Bonum Certa Men Certa

Insensitivity at the EPO's Management - Part I: An Introduction

Framing the relentless attack on an effective publisher as a matter of "women's rights"

Julian Assange



Summary: The first part of a series which looks at classic union-busting (or publication-silencing) strategies; how the EPO's management exploits perceived (or sexed up) scandals to crush dissent or staff representatives (without it ever looking so)

CHRISTMAS is a lovely time of year that my wife and I enjoy every year, but it is also a hostage scenario (with ransom) for EPO managers. What kind of a sick organisation would take advantage of illnesses, holidays and even cancer as a pretext for some higher agenda? Well, the EPO is rather unique. It's amazing that it has gotten away with it for this long.
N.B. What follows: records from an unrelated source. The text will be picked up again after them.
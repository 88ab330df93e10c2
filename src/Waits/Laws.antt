-- ===== src/Waits/Laws.antt =====
-- What the waits of a blocking call come to.
use demo_testbench.Base.{ℕ, ◌+◌, ◌≤◌, ◌<◌, ltb, List, [], ◌∷◌, ◌++◌, length, take}
use demo_testbench.Base.{
  done, hang, Status, ◌≡◌, refl, sym, ap, ap₂, subst, ◌∙◌, arith, Bool-cases, inl, inr, ◌⊎◌, false,
  true, take_all, length-append,
}
use demo_testbench.Cbuf
use demo_testbench.Cbuf.{Cbuf, fill_level, free_level}
use demo_testbench.Cbuf.Valid.{IsValid, fill_level_lem}
use demo_testbench.Cbuf.Contents.{contents, length-contents}
use demo_testbench.Cbuf.Fifo.{put, write_refines}
use demo_testbench.Waits.{Wake, changed, gave_up, wait_filled}

-- The bytes that a wait brings.
abbrev pub bytes_of : Wake → List ℕ
bytes_of (changed xs) = xs
bytes_of (gave_up xs) = xs

-- What a queue of at most `cap` bytes holds after some waits: the bytes of each go behind the others,
-- all of them or, where there is no room, none.
unfoldable pub arrive : ℕ → List ℕ → List Wake → List ℕ
arrive cap q [] = q
arrive cap q (w ∷ ws) = arrive cap (put cap q (bytes_of w)).1 ws

-- The waits for `size` bytes of a queue of at most `cap` that are made: each with fewer bytes there,
-- up to the first that gives up, or until the bytes are there.
unfoldable pub Waited : ℕ → ℕ → List ℕ → List Wake → Type 0
Waited size cap q [] = size ≤ length q
Waited size cap q (changed xs ∷ ws) = (length q < size) × Waited size cap (put cap q xs).1 ws
Waited size cap q (gave_up xs ∷ []) = length q < size
Waited size cap q (gave_up xs ∷ (w ∷ ws)) = ⊥

-- The ring after the waits `used`, which are those for `size` bytes.
pub record Grown (b b' : Cbuf) (size : ℕ) (used : List Wake) : Type 0 where
  pub holds : contents b' ≡ arrive b.size (contents b) used
  pub ended : Waited size b.size (contents b) used
  pub valid : IsValid b'
  pub same_size : b'.size ≡ b.size

same_ring : (b : Cbuf) (size : ℕ) → IsValid b → ltb (fill_level b) size ≡ false → Grown b b size []
unfolding arrive Waited
same_ring b size v there = record {
  holds = refl;
  ended = ground (arith, there, fill_level_lem v, length-contents b);
  valid = v;
  same_size = refl;
}

too_few :
    (b : Cbuf) (size : ℕ) → IsValid b → ltb (fill_level b) size ≡ true → length (contents b) < size
too_few b size v few = ground (arith, few, fill_level_lem v, length-contents b)

-- Bytes are put into a ring as into a queue.
written :
    (b : Cbuf) (xs : List ℕ)
    → IsValid b
    → (s : Status) × (b' : Cbuf) × (Cbuf.write b xs (length xs) ≡ done (s, b'))
      × (contents b' ≡ (put b.size (contents b) xs).1)
      × IsValid b'
      × (b'.size ≡ b.size)
written b xs v =
    let (b', writes, holds, valid, same) = write_refines xs (length xs) v (omega arith) in
    let all : take (length xs) xs ≡ xs = take_all (length xs) xs (omega arith) in
    (_, b', rw all at writes, rw all at holds, valid, same)

later :
    (b b1 b' : Cbuf) (xs : List ℕ) (size : ℕ) (used : List Wake)
    → length (contents b) < size
    → contents b1 ≡ (put b.size (contents b) xs).1
    → b1.size ≡ b.size
    → Grown b1 b' size used
    → Grown b b' size (changed xs ∷ used)
unfolding arrive Waited
later b b1 b' xs size used few holds same g = record {
  holds = g.holds ∙ ap₂ (λ cap q. arrive cap q used) same holds;
  ended = (
    few,
    subst (λ cap. Waited size cap (put b.size (contents b) xs).1 used) same
        (subst (λ q. Waited size b1.size q used) holds g.ended),
  );
  valid = g.valid;
  same_size = g.same_size ∙ same;
}

-- Waiting for `size` bytes leaves no object: it goes on for ever, or ends with the ring that the waits
-- it has used come to.
pub wait_filled-Grown :
    (size : ℕ) (ws : List Wake) (b : Cbuf)
    → IsValid b
    → (wait_filled size ws b ≡ hang)
      ⊎ ((b' : Cbuf) × (used ws' : List Wake) × (ws ≡ used ++ ws')
          × (wait_filled size ws b ≡ done (b', ws'))
          × Grown b b' size used)
unfolding wait_filled arrive Waited
wait_filled-Grown size [] b v = elim (Bool-cases (ltb (fill_level b) size)) [
  | inl few ↦ inl (rw few refl)
  | inr enough ↦ inr (b, [], [], refl, rw enough refl, same_ring b size v enough)
]
wait_filled-Grown size (changed xs ∷ ws) b v = elim (Bool-cases (ltb (fill_level b) size)) [
  | inl few ↦
      let (s, b1, writes, holds, v1, same) = written b xs v in
      rw (few, writes)
        (elim (wait_filled-Grown size ws b1 v1) [
          | inl waits ↦ inl waits
          | inr (b', used, ws', parts, ends, g) ↦ inr (
            b',
            changed xs ∷ used,
            ws',
            ap (λ l. changed xs ∷ l) parts,
            ends,
            later b b1 b' xs size used (too_few b size v few) holds same g,
          )
        ])
  | inr enough ↦ inr (b, [], changed xs ∷ ws, refl, rw enough refl, same_ring b size v enough)
]
wait_filled-Grown size (gave_up xs ∷ ws) b v = elim (Bool-cases (ltb (fill_level b) size)) [
  | inl few ↦
      let (s, b1, writes, holds, v1, same) = written b xs v in
      inr (
        b1,
        gave_up xs ∷ [],
        ws,
        refl,
        rw (few, writes) refl,
        record { holds = holds; ended = too_few b size v few; valid = v1; same_size = same },
      )
  | inr enough ↦ inr (b, [], gave_up xs ∷ ws, refl, rw enough refl, same_ring b size v enough)
]

-- With `held` bytes in a ring of `cap`, each wait that is made ends with a change, and brings no more
-- than there is room for at that time, until the ring holds `size`.
unfoldable pub BringBytes : ℕ → ℕ → ℕ → List Wake → Type 0
BringBytes size cap held [] = size ≤ held
BringBytes size cap held (changed xs ∷ ws) =
    (size ≤ held) ⊎ ((held + length xs ≤ cap) × BringBytes size cap (held + length xs) ws)
BringBytes size cap held (gave_up xs ∷ ws) = size ≤ held

-- Then the waiting ends, with all of them there.
pub wait_filled-BringBytes :
    (size : ℕ) (ws : List Wake) (b : Cbuf)
    → IsValid b
    → BringBytes size b.size (length (contents b)) ws
    → (b' : Cbuf) × (ws' : List Wake) × (wait_filled size ws b ≡ done (b', ws'))
      × IsValid b'
      × (b'.size ≡ b.size)
      × (size ≤ length (contents b'))
unfolding wait_filled BringBytes put
wait_filled-BringBytes size [] b v brings =
    let there : ltb (fill_level b) size ≡ false =
      ground (arith, fill_level_lem v, length-contents b) in
    (b, [], rw there refl, v, refl, brings)
wait_filled-BringBytes size (gave_up xs ∷ ws) b v brings =
    let there : ltb (fill_level b) size ≡ false =
      ground (arith, fill_level_lem v, length-contents b) in
    (b, gave_up xs ∷ ws, rw there refl, v, refl, brings)
wait_filled-BringBytes size (changed xs ∷ ws) b v (inl enough) =
    let there : ltb (fill_level b) size ≡ false =
      ground (arith, fill_level_lem v, length-contents b) in
    (b, changed xs ∷ ws, rw there refl, v, refl, enough)
wait_filled-BringBytes size (changed xs ∷ ws) b v (inr (fits, rest)) =
    elim (Bool-cases (ltb (fill_level b) size)) [
      | inl few ↦
          let (s, b1, writes, holds, v1, same) = written b xs v in
          let room : ltb b.size (length (contents b) + length xs) ≡ false = ground arith in
          let all : contents b1 ≡ contents b ++ xs = holds ∙ rw room refl in
          let long : length (contents b1) ≡ length (contents b) + length xs =
            ap (λ l. length l) all ∙ length-append (contents b) xs in
          let rest' : BringBytes size b1.size (length (contents b1)) ws =
            subst (λ cap. BringBytes size cap (length (contents b1)) ws) (sym same)
              (subst (λ held. BringBytes size b.size held ws) (sym long) rest) in
          let (b', ws', ends, v', same', full) = wait_filled-BringBytes size ws b1 v1 rest' in
          (b', ws', rw (few, writes) ends, v', same' ∙ same, full)
      | inr there ↦ (
        b,
        changed xs ∷ ws,
        rw there refl,
        v,
        refl,
        ground (arith, there, fill_level_lem v, length-contents b),
      )
    ]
"Our sources aren't one single person but several anonymous sources who shared material with us and showed us the way they had been mistreated."In the coming weeks we have two large series left to publish. One deals with private profits alongside the 'public' EPO, where the culprits are some of the highest level managers (or former managers). The second deals with the way in which, "with bad intent" as one of our sources put it, the EPO exploits tragedy (e.g. death in the family) to achieve certain objectives. It's a brutal, merciless kind of behaviour -- one that we have come to expect from the most ruthless regimes in Indochina. Our sources aren't one single person but several anonymous sources who shared material with us and showed us the way they had been mistreated. There is a large degree of overlap in some of these stories, so there is occasionally room for fusion.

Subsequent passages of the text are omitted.